- Genre: Comedy
- Created by: Alun Owen
- Written by: Peter Caulfield (Alan Ayckbourn); Gerald Wiley (Ronnie Barker); Graeme Garden and Bill Oddie; Bernard McKenna; Eric Idle;
- Starring: Ronnie Barker Josephine Tewson David Jason Frank Gatliff
- Theme music composer: John Gregory
- Country of origin: United Kingdom
- Original language: English
- No. of series: 2
- No. of episodes: 15

Production
- Producer: Humphrey Barclay
- Running time: 25 minutes
- Production company: London Weekend Television

Original release
- Network: ITV
- Release: 11 April 1969 – 21 August 1970

Related
- Six Dates with Barker

= Hark at Barker =

1969 British TV comedy series

Hark at Barker is a 1969 British comedy series combining elements of sitcom and sketch show, which starred Ronnie Barker. It was made for the ITV network by London Weekend Television.

Each show began with a spoof news item read by Barker as the announcer. He would then introduce the main part of the programme, a lecture to be given by Lord Rustless (also Barker) on a different topic each week from his stately home, Chrome Hall. Helped and hindered by Rustless' secretary (Mildred) Bates, his Butler Badger, his bad-tempered Cook, his incoherent gardener Dithers and (in Series 2) his buxom, near-mute maid Effie, these lectures invariably degenerated into farce, and were frequently interrupted by comic sketches on location or in the studio which also starred Barker in differing roles.

Barker reprised the role of Lord Rustless in the BBC series His Lordship Entertains, and played very similar characters in Futtock's End and the Two Ronnies specials The Picnic and By the Sea.

==Writers==
The Chrome Hall sequences were written by "Peter Caulfield" (a pseudonym of Alan Ayckbourn). During the first season, the sketches were written by Barker under his pseudonym "Gerald Wiley", generally with separate sketch contributions from one or both of the team of Graeme Garden and Bill Oddie. (Some of the Garden/Oddie sketches reprised material from I'm Sorry, I'll Read That Again, and another was a forerunner of The Goodies episode "Bunfight at the OK Tea Room"). There were also other occasional sketch contributors during season 1, notably Eric Idle who contributed material to episode 3.
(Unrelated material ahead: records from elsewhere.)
-- ===== src/Order/Machine/Messages.antt =====
-- Bystanders among the events that publish or deliver a message.
use nestjs_order_api.Base.{ℕ, zero, suc, String, Bool, true, false, List, [], ◌∷◌, refl, arith}
use nestjs_order_api.Http.{Result, ok, err}
use nestjs_order_api.Prisma.{World, Processing, Completed, ◌>>=◌}
use nestjs_order_api.Prisma.Effects.{Oracle}
use nestjs_order_api.Prisma.Laws.{documented}
use nestjs_order_api.Rabbit.{
  Letter, to_creation, to_processing, to_completed, reconnect, attempt_connection, wait_rounds,
  wait_for_connection, keep_connection, keep_channel, publish_order_processing_message,
  publish_order_completed_message,
}
use nestjs_order_api.Rabbit.Laws.{documented_broker, sends, passes_time}
use nestjs_order_api.Order.Lifecycle.{enqueue_order_processing, enqueue_order_completed}
use nestjs_order_api.Consumer.{
  handle_order_processing, handle_order_completed, settle_processing, settle_completed,
  deliver_first_processing, deliver_first_completed, deliver_processing, deliver_completed,
}
use nestjs_order_api.Order.Machine.Bystanders.{IsUuid, Kept, IsBystander, >>=-IsBystander, leaving}

module _ {E : Type 0} (o : Oracle E) (ids : IsUuid o) where
  keep_connection-IsBystander : IsBystander o ids keep_connection
  keep_connection-IsBystander = record { keeps = λ w. (refl, omega arith) }

  keep_channel-IsBystander : IsBystander o ids keep_channel
  keep_channel-IsBystander = record { keeps = λ w. (refl, omega arith) }

  passes_time-IsBystander : IsBystander o ids (passes_time o)
  passes_time-IsBystander = record { keeps = λ w. (refl, omega (arith, ids.next_lem w.env)) }

  attempt_connection-IsBystander : IsBystander o ids (attempt_connection (documented_broker o))
  unfolding attempt_connection documented_broker
  attempt_connection-IsBystander =
      search (leaving, keep_connection-IsBystander, keep_channel-IsBystander) depth 14

  reconnect-IsBystander : (c : Bool) → IsBystander o ids (reconnect (documented_broker o) c)
  unfolding reconnect
  reconnect-IsBystander true = search leaving
  reconnect-IsBystander false = search (leaving, attempt_connection-IsBystander)

  sends-IsBystander : (m : Letter) → IsBystander o ids (sends o m)
  sends-IsBystander (to_creation m) = record { keeps = λ w. ground (arith, ids.next_lem w.env) }
  sends-IsBystander (to_processing m) = record { keeps = λ w. ground (arith, ids.next_lem w.env) }
  sends-IsBystander (to_completed m) = record { keeps = λ w. ground (arith, ids.next_lem w.env) }

  -- One round of waiting, and the rounds after it.
  round-Kept :
      (n : ℕ) (w : World E) (c : Bool)
      → IsBystander o ids (wait_rounds (documented_broker o) n)
      → Kept o ids w
          (elim c as (λ _. Result (Unit {0}) × World E) [
            | true ↦ (ok tt, w)
            | false ↦
                (reconnect (documented_broker o) w.rabbit.connection
                    >>= (λ _. passes_time o >>= (λ _. wait_rounds (documented_broker o) n)))
                  w
          ]).1
  round-Kept n w true rest = (refl, omega arith)
  round-Kept n w false rest =
      (>>=-IsBystander o ids _ _ (reconnect-IsBystander w.rabbit.connection)
          (λ _. >>=-IsBystander o ids _ _ passes_time-IsBystander (λ _. rest))).keeps
        w

  wait_rounds-IsBystander : (n : ℕ) → IsBystander o ids (wait_rounds (documented_broker o) n)
  unfolding wait_rounds documented_broker
  wait_rounds-IsBystander zero = record { keeps = λ w. (refl, omega arith) }
  wait_rounds-IsBystander (suc n) = record {
    keeps = λ w. round-Kept n w w.rabbit.channel (wait_rounds-IsBystander n);
  }

  publishing-IsBystander :
      (m : Processing)
      → IsBystander o ids (publish_order_processing_message (documented_broker o) m)
  unfolding publish_order_processing_message wait_for_connection documented_broker
  publishing-IsBystander m = search (leaving, wait_rounds-IsBystander, sends-IsBystander) depth 12

  pub asks_processing-IsBystander :
      (id user tenant : String)
      → IsBystander o ids
          (enqueue_order_processing (documented o) (documented_broker o) id user tenant)
  unfolding enqueue_order_processing
  asks_processing-IsBystander id user tenant = publishing-IsBystander _

  completing-IsBystander :
      (m : Completed) → IsBystander o ids (publish_order_completed_message (documented_broker o) m)
  unfolding publish_order_completed_message wait_for_connection documented_broker
  completing-IsBystander m = search (leaving, wait_rounds-IsBystander, sends-IsBystander) depth 12

  pub asks_completion-IsBystander :
      (id user tenant transaction : String)
      → IsBystander o ids
          (enqueue_order_completed (documented o) (documented_broker o) id user tenant transaction)
  unfolding enqueue_order_completed documented
  asks_completion-IsBystander id user tenant transaction =
      search (leaving, completing-IsBystander) depth 12

  handle_order_processing-IsBystander :
      (m : Processing) (payment : String)
      → IsBystander o ids (handle_order_processing (documented o) m payment)
  unfolding handle_order_processing documented
  handle_order_processing-IsBystander m payment = search leaving

  handle_order_completed-IsBystander :
      (m : Completed) → IsBystander o ids (handle_order_completed (documented o) m)
  unfolding handle_order_completed documented
  handle_order_completed-IsBystander m = search leaving

  settle_processing-Kept :
      (m : Processing) (rest : List Processing) (w : World E) (r : Result (Unit {0}) × World E)
      → Kept o ids w r.1
      → Kept o ids w (settle_processing (documented o) m rest r)
  settle_processing-Kept m rest w (ok x, v) h = h
  settle_processing-Kept m rest w (err e, v) h = h

  settle_completed-Kept :
      (m : Completed) (rest : List Completed) (w : World E) (r : Result (Unit {0}) × World E)
      → Kept o ids w r.1
      → Kept o ids w (settle_completed (documented o) m rest r)
  settle_completed-Kept m rest w (ok x, v) h = h
  settle_completed-Kept m rest w (err e, v) h = h

  deliver_first_processing-Kept :
      (queue : List Processing) (payment : String) (w : World E)
      → Kept o ids w (deliver_first_processing (documented o) queue payment w)
  deliver_first_processing-Kept [] payment w = (refl, omega arith)
  deliver_first_processing-Kept (m ∷ rest) payment w =
      settle_processing-Kept m rest w _ ((handle_order_processing-IsBystander m payment).keeps w)

  pub deliver_processing-Kept :
      (payment : String) (w : World E) → Kept o ids w (deliver_processing (documented o) payment w)
  unfolding deliver_processing
  deliver_processing-Kept payment w = deliver_first_processing-Kept w.processing payment w

  deliver_first_completed-Kept :
      (queue : List Completed) (w : World E)
      → Kept o ids w (deliver_first_completed (documented o) queue w)
  deliver_first_completed-Kept [] w = (refl, omega arith)
  deliver_first_completed-Kept (m ∷ rest) w =
      settle_completed-Kept m rest w _ ((handle_order_completed-IsBystander m).keeps w)

  pub deliver_completed-Kept : (w : World E) → Kept o ids w (deliver_completed (documented o) w)
  unfolding deliver_completed
  deliver_completed-Kept w = deliver_first_completed-Kept w.completed w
For season 2, sketch material was written by Gerald Wiley and Bernard McKenna.

==Regular cast==
- Ronnie Barker as Announcer / Lord Rustless / Various sketch characters
- Frank Gatliff as Badger
- Josephine Tewson as Mildred Bates
- David Jason as Dithers / Various sketch characters
- Mary Baxter as Cook
- Moira Foot as Effie the maid (series 2 only)
  - Sketch performers seen across multiple episodes included Jan Rossini and Jo Kendall.
  - Amongst the many other performers who appeared in sketches, seen in one episode apiece were Pauline Yates, Michael Palin, Carol Cleveland, and (in a wordless cameo) Ronnie Corbett.

==Episode guide==
Series 1 (11 April 1969 – 30 May 1969) – Produced in black and white

1. "Meet Lord Rustless" 11 April 1969
2. "Rustless And Women" 18 April 1969
3. "Rustless In Pigtails" 25 April 1969
4. "Rustless And A Banquet" 2 May 1969
5. "Rustless And Murder" 9 May 1969
6. "Rustless And Foreigners" 16 May 1969
7. "Rustless And The Solar System" 23 May 1969
8. "Rustless And Relics" 30 May 1969

Series 2 (10 July 1970 – 21 August 1970) as Produced in colour

1. "Rustless On Music" 10 July 1970
2. "Rustless On Law" 17 July 1970
3. "Rustless On Communications" 24 July 1970
4. "Rustless On Cooking" 31 July 1970
5. "Rustless On Medicine" 7 August 1970
6. "Rustless On Do-It-Yourself" 14 August 1970
7. "Rustless On Sport" 21 August 1970

All Star Comedy Carnival Christmas Special (25 December 1970) as Produced in black and white due to the ITV Colour Strike

==Archive status and DVD release==
All episodes exist on their original 2 inch Quad b&w and PAL colour videotapes bar "Rustless on Law" from series 2, which only exists as a 16 mm b/w telerecording. The series was released on Region 2 DVD in 2008 by Network DVD, and are also included in The Ronnie Barker Collection along with Six Dates With Barker.